Der Einbruch kam mit dem 12. März. Also dem Tag, an dem die Bundesregierung die ersten Einschränkungen für soziale Kontakte bekannt gab. In der App werden weltweit anonym Daten zur Nutzung von U- und , Bussen, Straßenbahnen, Leihfahrrädern oder Fahrdiensten wie Uber erfasst. Wie viele Menschen aufs Auto umgestiegen sind, ist nicht bekannt.

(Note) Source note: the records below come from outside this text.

-- ===== src/Orders/Service/Tests.antt =====
-- Requests to create an order, first and again, at a concrete store.
use platform_engineering_lab.Prelude.{
  ◌≡◌, ◌≢◌, ◌⊎◌, refl, sym, ◌∙◌, String, Bool, true, false, List, [], ◌∷◌, Option, none, some,
  Result, ok, throw, eq_iff,
}
use native.Mathlib.Decide.{dec_le}
use platform_engineering_lab.Js.Text.{to_lower_case}
use platform_engineering_lab.Effects.{Act}
use platform_engineering_lab.Database.Errors.{JsError}
use platform_engineering_lab.Database.Filter.{Exception, http, failure}
use platform_engineering_lab.Orders.Types.{CreateOrderDto, DomainEvent, World, Request}
use platform_engineering_lab.Orders.Service.{
  CreateResult, Stamp, create, create_new, store_and_publish, store_order, publish_created,
  find_by_key, replay, event_of, key_used,
}
use platform_engineering_lab.Orders.Service.Laws.{Done}
use platform_engineering_lab.Orders.Service.Idempotency.{
  create-Done, create-retry, create-retry_upper,
}
use platform_engineering_lab.Orders.Service.Samples.{Tables, tables_store, new_order}

abbrev Sent : Type 0
Sent = List DomainEvent

abbrev deliver : DomainEvent → Act JsError Sent (Unit {0})
deliver event sent = (ok tt, event ∷ sent)

abbrev everybody : String → String → Option String → Request Tables Unit Sent Bool
everybody user_id request_id authorization w = (ok true, w)

abbrev stamp : Stamp
stamp = record { event_id = "e-1"; occurred_at = "2024-01-01T00:00:00Z" }

abbrev lower : CreateOrderDto
lower = record { user_id = "ab"; amount = 1250; description = "book" }

abbrev upper : CreateOrderDto
upper = record { user_id = "Ab"; amount = 1250; description = "book" }

abbrev empty : World Tables Unit Sent
empty = record {
  db = record { keys = []; orders = []; ids = "o-1" ∷ "o-2" ∷ [] };
  redis = tt;
  broker = [];
  counts = [];
}

abbrev run :
    CreateOrderDto → World Tables Unit Sent → Result Exception CreateResult × World Tables Unit Sent
run dto = create tables_store deliver everybody dto (some "k") "c-1" none stamp

abbrev first_result : CreateOrderDto → CreateResult
first_result dto = record { order = new_order dto "CREATED" "o-1"; created = true }

lower_is_lower : to_lower_case "ab" ≡ "ab"
unfolding to_lower_case dec_le
lower_is_lower = refl

upper_lowered : to_lower_case "Ab" ≡ "ab"
unfolding to_lower_case dec_le
upper_lowered = refl

upper_differs : to_lower_case "Ab" ≢ "Ab"
upper_differs e = cc ((eq_iff "ab" "Ab").1 (sym upper_lowered ∙ e))

service : Unit {0}
unfolding create create_new store_and_publish store_order publish_created find_by_key replay
    event_of
service = tt

created_lower : (run lower empty).0 ≡ ok (first_result lower)
unfolding service
created_lower = refl

announced_once :
    (run lower (run lower empty).1).1.broker
    ≡ event_of stamp "c-1" (new_order lower "CREATED" "o-1") ∷ []
unfolding service to_lower_case dec_le
announced_once = refl

create-Done_example :
    Done tables_store deliver everybody lower "c-1" stamp
      (some "k")
      []
      (first_result lower)
      (run lower empty).1
unfolding service
create-Done_example =
    create-Done tables_store deliver everybody lower "c-1" stamp none (λ u c a w. refl) (some "k")
      empty (run lower empty).1 (first_result lower) refl

create-retry_example :
    ((run lower (run lower empty).1).1.broker ≡ (run lower empty).1.broker)
    × (((run lower (run lower empty).1).0
          ≡ ok (record { order = new_order lower "CREATED" "o-1"; created = false }))
        ⊎ ((e : JsError) × ((run lower (run lower empty).1).0 ≡ throw (failure e))))
unfolding service to_lower_case dec_le
create-retry_example =
    create-retry tables_store deliver everybody "c-1" stamp none (λ u c a w. refl) "k" refl lower
      empty (run lower empty).1 (first_result lower) refl refl (run lower empty).1
      (run lower (run lower empty).1).1 (run lower (run lower empty).1).0
      (record { keys = λ k id h. h; orders = λ i o h. h }) refl refl

create-retry_upper_example :
    ((run upper (run upper empty).1).0 ≡ throw (http key_used))
    ⊎ ((e : JsError) × ((run upper (run upper empty).1).0 ≡ throw (failure e)))
unfolding service to_lower_case dec_le
create-retry_upper_example =
    create-retry_upper tables_store deliver everybody "c-1" stamp none (λ u c a w. refl) "k" refl
      upper empty (run upper empty).1 (first_result upper) refl refl (run upper empty).1
      (run upper (run upper empty).1).1 (run upper (run upper empty).1).0
      (record { keys = λ k id h. h; orders = λ i o h. h }) refl upper_differs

Gibt es eine Strategie, wie die Verkehrsbetriebe in Deutschland den ÖPNV in der Corona-Pandemie organisieren sollten? "Eine Allgemeinlösung gibt es nicht", sagt Gernot Sieg, Verkehrswissenschaftler der Uni Münster. An sich müsse jede Stadt selbst entscheiden, ob eine Linie ausgesetzt oder die Taktung verändert werden müsse. Das hänge unter anderem von den Fahrgastzahlen und der Tageszeit ab. "Bestimmte Linien, wie die zum Flughafen, könnte man aber beispielsweise ganz aussetzen", sagt Sieg. Fliegen könne momentan sowieso niemand. Er hält es auch für sinnvoll, größere oder mehr Fahrzeuge einzusetzen, um den Abstand zwischen den Fahrgästen zu vergrößern. "Wenn es möglich ist, sollte man aber trotzdem lieber Fahrrad fahren oder zu Fuß gehen", sagt Sieg. Aber was ist mit den Menschen wie Lydia Duschner, die kein Auto haben und für die der Weg zur Arbeit einfach zu weit ist? Ihnen bleibt in München keine Alternative zum ÖPNV.